TASK INPUT |

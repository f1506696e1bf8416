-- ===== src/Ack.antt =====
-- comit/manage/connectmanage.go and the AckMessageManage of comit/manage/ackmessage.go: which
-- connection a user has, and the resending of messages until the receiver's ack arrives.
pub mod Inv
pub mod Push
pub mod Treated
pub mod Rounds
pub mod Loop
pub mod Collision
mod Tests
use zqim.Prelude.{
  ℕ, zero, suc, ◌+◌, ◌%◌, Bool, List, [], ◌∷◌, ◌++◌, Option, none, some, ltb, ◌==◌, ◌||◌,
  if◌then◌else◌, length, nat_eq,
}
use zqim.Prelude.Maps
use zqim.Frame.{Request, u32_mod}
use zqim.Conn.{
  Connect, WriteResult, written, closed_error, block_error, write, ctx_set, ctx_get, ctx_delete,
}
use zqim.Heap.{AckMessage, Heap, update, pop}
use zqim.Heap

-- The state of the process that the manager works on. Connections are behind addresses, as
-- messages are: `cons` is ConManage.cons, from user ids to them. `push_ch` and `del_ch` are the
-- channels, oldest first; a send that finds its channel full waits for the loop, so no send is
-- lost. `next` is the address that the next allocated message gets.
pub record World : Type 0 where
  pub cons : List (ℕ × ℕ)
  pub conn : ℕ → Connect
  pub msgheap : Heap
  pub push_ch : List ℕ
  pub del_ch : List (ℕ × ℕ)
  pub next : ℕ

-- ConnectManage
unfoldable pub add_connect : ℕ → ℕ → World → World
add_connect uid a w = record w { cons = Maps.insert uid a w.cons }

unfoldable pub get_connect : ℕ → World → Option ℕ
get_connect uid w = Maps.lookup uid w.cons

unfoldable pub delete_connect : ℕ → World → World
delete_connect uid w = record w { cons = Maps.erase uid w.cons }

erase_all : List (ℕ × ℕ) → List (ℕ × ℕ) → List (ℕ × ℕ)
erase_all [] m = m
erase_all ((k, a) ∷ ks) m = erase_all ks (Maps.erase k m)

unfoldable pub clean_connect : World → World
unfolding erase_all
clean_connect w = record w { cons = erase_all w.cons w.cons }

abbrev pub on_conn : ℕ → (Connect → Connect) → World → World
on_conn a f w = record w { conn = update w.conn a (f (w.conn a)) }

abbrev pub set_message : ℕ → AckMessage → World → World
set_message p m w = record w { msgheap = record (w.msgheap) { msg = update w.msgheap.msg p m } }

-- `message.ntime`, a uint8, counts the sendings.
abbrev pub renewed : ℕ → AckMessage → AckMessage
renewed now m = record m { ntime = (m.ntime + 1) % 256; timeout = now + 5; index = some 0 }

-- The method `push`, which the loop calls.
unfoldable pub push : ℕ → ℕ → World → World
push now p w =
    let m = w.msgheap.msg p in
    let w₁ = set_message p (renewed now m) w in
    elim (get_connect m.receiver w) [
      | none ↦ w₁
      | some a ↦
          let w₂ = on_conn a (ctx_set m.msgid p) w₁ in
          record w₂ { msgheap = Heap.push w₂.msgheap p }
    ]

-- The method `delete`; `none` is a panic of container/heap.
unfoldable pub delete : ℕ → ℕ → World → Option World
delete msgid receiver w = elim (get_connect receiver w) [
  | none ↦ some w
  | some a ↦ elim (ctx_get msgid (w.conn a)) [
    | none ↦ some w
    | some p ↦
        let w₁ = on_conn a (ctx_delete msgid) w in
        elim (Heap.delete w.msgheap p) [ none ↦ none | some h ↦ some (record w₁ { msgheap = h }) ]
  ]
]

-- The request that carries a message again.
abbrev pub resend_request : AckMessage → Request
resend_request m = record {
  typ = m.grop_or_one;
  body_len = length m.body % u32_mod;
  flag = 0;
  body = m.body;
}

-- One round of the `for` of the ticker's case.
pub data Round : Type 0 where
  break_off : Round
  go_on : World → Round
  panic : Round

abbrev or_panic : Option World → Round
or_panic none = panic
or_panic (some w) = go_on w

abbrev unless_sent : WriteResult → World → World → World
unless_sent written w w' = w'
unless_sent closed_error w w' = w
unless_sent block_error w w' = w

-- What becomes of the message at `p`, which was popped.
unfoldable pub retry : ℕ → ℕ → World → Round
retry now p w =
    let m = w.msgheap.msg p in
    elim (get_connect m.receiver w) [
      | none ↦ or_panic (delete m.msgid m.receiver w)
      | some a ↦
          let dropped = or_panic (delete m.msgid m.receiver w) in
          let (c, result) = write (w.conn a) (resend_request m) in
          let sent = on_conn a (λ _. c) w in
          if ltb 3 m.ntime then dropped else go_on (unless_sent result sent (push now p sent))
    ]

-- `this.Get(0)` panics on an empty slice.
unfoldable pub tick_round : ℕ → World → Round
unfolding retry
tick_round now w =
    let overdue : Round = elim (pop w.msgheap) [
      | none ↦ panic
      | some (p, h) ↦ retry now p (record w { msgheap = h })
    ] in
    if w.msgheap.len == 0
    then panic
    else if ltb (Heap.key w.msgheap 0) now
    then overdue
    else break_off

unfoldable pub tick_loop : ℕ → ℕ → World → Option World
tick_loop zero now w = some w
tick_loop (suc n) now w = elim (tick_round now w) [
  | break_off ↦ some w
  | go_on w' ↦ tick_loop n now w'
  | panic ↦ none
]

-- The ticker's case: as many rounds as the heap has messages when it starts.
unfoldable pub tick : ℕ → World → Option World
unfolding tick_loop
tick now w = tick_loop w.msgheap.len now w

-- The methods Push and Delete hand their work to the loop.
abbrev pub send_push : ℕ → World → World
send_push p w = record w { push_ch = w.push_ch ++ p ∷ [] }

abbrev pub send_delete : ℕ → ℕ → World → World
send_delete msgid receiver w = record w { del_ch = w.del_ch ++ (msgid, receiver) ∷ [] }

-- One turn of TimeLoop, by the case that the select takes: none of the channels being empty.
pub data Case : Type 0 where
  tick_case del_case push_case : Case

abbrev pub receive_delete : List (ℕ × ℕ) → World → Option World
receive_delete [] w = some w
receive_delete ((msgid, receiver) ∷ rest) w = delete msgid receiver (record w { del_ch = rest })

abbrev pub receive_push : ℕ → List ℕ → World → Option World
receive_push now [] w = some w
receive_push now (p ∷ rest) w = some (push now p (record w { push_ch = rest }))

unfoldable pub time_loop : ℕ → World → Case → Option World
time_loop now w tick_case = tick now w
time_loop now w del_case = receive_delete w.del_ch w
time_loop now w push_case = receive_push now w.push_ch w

...

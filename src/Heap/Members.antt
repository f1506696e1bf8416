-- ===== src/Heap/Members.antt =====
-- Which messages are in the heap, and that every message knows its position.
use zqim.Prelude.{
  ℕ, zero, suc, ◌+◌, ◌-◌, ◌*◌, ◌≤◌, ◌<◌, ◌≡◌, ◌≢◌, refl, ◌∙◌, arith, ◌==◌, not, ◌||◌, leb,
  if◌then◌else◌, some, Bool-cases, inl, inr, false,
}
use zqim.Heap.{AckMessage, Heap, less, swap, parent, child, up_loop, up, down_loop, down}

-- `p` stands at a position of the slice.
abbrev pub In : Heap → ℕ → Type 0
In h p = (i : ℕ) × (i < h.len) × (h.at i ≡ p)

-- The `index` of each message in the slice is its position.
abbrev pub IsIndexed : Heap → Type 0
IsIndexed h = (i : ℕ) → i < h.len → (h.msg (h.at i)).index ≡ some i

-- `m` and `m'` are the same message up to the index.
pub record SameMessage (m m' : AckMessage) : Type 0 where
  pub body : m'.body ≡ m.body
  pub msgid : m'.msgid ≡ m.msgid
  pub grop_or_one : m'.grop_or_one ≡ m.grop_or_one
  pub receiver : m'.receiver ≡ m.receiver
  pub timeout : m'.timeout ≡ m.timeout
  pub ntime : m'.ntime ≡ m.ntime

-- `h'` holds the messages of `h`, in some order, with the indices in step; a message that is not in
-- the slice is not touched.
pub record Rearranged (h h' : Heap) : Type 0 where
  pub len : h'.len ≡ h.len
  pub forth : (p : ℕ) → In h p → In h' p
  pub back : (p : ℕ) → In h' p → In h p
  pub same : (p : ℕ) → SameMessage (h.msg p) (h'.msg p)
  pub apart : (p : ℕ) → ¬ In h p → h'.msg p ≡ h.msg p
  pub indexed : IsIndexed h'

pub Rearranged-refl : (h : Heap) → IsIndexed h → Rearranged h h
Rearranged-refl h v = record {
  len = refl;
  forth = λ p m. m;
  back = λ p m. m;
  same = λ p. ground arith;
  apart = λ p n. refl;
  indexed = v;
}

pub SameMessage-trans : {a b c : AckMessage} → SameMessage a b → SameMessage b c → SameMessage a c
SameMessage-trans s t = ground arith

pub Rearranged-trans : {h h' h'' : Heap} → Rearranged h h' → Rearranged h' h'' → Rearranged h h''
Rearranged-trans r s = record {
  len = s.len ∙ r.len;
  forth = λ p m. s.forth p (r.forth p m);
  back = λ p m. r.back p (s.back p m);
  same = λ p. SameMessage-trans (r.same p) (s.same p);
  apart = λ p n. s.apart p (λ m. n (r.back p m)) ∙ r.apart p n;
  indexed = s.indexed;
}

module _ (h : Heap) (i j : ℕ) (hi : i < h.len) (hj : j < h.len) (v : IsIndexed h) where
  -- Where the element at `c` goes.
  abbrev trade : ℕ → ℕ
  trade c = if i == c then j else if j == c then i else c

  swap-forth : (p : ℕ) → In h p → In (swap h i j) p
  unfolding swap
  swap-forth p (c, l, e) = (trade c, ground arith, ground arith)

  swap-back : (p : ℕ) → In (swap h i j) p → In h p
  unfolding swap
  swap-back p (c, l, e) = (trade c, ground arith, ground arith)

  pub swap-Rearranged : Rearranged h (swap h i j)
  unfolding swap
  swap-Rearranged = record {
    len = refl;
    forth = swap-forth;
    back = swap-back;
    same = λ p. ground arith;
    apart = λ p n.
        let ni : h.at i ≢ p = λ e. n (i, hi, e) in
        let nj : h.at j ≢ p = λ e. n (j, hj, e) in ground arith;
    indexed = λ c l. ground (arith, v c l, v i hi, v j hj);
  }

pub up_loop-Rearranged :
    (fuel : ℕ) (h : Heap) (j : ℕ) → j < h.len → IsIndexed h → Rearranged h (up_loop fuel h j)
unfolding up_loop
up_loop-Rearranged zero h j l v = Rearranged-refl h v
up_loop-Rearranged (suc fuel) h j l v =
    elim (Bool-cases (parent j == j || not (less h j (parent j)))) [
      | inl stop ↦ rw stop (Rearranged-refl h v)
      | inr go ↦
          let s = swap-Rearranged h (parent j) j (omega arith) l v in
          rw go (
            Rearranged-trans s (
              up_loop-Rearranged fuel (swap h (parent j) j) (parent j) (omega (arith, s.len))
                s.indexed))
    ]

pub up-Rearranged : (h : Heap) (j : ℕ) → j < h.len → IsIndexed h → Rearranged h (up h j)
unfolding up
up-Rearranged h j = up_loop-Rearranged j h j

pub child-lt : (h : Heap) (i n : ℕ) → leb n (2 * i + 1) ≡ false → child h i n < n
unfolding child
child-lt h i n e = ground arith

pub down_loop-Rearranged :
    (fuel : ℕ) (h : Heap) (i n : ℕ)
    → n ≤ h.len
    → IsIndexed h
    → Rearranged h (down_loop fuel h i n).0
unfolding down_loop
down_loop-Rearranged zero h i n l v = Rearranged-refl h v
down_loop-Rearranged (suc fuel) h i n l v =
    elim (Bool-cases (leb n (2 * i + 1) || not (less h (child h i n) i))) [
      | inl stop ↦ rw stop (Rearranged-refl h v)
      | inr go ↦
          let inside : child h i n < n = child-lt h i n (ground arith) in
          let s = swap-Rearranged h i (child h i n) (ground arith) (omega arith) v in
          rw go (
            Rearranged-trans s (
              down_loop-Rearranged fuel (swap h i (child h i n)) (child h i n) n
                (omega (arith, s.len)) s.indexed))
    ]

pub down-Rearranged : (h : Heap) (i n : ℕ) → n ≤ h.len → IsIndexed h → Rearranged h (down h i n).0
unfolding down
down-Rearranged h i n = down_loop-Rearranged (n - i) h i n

WORK TO COMPLETE | Where a line above contains the word "overdue", copy that line.

ANSWER SECTION |
    let overdue : Round = elim (pop w.msgheap) [
    then overdue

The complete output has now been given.